Filter the records for lines holding the string "observed".

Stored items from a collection

··········

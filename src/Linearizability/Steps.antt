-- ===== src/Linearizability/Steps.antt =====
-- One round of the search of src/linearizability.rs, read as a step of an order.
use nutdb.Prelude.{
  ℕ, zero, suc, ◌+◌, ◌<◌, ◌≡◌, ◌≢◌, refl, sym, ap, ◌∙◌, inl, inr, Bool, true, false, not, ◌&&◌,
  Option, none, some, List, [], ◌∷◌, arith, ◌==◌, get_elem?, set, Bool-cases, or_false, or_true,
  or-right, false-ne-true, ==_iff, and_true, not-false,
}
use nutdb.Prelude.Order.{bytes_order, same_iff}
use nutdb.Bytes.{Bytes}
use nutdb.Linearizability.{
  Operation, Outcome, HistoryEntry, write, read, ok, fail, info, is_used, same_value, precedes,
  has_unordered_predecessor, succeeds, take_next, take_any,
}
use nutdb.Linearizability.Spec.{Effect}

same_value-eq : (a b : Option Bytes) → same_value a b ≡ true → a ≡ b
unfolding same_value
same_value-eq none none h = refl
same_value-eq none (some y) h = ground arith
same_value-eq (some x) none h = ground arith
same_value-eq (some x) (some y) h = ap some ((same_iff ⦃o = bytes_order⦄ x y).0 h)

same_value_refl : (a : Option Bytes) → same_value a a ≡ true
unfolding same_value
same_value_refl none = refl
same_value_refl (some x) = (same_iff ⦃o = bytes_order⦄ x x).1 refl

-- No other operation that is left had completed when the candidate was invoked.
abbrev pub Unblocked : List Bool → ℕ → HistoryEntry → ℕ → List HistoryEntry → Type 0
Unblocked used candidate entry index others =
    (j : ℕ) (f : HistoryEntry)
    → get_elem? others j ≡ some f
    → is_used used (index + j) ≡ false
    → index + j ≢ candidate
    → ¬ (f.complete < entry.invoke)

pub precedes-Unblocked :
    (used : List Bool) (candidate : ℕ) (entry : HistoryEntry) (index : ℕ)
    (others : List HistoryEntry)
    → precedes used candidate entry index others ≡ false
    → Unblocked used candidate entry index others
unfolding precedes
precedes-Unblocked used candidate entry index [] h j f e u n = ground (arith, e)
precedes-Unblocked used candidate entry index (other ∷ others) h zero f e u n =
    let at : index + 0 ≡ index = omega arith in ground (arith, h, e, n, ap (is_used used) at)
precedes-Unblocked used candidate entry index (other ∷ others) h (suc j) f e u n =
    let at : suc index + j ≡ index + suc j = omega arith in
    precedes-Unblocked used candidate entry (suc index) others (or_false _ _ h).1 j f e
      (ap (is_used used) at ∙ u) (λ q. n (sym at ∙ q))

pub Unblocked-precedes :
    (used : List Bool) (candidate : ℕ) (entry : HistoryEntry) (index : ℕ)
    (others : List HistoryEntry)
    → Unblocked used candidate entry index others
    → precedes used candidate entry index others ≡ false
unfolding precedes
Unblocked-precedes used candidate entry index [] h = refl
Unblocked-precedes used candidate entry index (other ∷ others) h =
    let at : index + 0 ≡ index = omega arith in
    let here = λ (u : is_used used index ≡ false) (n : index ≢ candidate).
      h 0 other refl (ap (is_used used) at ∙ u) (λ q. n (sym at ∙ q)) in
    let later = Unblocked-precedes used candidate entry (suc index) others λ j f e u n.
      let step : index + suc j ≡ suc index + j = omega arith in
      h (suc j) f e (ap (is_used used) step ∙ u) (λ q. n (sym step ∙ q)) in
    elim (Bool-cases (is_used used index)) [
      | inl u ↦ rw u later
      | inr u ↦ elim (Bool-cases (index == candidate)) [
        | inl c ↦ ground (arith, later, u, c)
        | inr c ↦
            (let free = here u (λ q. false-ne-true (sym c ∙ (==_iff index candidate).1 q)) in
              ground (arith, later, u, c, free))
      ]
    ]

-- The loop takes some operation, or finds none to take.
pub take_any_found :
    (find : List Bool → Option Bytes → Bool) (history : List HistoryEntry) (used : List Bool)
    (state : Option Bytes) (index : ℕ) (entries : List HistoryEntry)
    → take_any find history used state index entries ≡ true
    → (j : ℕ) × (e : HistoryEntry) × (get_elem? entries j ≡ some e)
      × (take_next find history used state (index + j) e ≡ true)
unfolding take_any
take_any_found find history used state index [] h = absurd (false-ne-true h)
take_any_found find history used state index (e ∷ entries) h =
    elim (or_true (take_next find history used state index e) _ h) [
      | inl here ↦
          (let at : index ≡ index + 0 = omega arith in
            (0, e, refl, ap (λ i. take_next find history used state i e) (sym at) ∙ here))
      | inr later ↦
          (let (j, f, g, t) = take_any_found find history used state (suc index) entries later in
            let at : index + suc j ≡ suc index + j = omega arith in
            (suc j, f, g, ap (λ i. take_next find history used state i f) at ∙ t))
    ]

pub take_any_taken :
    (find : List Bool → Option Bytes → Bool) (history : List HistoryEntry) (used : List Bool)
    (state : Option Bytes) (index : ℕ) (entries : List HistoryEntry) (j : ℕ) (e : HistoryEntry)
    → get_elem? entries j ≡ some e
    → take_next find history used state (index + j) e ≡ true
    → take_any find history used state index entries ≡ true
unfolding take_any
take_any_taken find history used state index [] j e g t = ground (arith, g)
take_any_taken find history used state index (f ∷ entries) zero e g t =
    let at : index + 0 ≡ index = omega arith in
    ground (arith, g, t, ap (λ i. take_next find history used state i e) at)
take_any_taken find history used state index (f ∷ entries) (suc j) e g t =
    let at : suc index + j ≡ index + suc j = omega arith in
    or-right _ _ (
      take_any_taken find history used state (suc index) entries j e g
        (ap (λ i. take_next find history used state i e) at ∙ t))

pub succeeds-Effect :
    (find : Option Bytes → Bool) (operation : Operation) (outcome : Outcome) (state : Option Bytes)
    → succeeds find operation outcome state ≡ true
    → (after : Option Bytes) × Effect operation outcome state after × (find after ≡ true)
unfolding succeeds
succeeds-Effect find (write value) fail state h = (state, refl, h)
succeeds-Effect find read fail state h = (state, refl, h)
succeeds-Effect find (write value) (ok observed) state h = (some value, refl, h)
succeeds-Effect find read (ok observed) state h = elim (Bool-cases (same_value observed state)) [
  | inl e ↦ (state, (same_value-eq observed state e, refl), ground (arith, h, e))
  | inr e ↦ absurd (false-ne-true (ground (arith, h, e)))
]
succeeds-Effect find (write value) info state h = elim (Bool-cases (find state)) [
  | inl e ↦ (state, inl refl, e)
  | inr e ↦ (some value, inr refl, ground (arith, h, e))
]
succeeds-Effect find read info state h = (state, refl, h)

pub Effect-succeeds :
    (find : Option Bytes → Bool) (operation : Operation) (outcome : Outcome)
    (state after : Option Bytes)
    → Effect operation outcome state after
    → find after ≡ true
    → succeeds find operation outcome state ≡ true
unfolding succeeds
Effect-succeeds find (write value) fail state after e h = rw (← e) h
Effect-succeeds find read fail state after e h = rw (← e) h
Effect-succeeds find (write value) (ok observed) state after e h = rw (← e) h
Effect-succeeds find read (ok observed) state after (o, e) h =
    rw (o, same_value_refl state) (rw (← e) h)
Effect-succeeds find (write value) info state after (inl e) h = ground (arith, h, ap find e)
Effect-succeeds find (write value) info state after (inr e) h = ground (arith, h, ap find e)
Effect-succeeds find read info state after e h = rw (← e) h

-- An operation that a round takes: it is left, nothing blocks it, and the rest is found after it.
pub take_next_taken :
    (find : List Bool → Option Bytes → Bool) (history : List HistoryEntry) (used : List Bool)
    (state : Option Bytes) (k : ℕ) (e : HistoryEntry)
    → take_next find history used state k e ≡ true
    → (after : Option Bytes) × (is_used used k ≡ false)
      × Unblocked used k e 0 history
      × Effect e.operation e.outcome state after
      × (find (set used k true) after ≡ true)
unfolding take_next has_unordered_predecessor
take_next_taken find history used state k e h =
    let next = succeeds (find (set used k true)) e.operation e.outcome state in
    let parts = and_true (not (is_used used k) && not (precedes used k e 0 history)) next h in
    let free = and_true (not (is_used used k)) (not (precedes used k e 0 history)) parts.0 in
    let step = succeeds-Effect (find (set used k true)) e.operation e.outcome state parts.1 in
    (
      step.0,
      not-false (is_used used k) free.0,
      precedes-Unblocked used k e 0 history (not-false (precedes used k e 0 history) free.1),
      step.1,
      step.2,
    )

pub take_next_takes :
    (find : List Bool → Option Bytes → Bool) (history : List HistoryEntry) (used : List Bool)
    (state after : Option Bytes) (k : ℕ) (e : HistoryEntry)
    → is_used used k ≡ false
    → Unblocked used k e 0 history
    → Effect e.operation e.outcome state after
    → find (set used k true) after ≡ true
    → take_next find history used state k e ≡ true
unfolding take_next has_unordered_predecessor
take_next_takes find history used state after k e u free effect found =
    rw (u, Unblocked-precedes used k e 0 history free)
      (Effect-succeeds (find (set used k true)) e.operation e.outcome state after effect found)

··········

▸ **Exercise result**:
succeeds-Effect find (write value) (ok observed) state h = (some value, refl, h)
succeeds-Effect find read (ok observed) state h = elim (Bool-cases (same_value observed state)) [
  | inl e ↦ (state, (same_value-eq observed state e, refl), ground (arith, h, e))
Effect-succeeds find (write value) (ok observed) state after e h = rw (← e) h
Effect-succeeds find read (ok observed) state after (o, e) h =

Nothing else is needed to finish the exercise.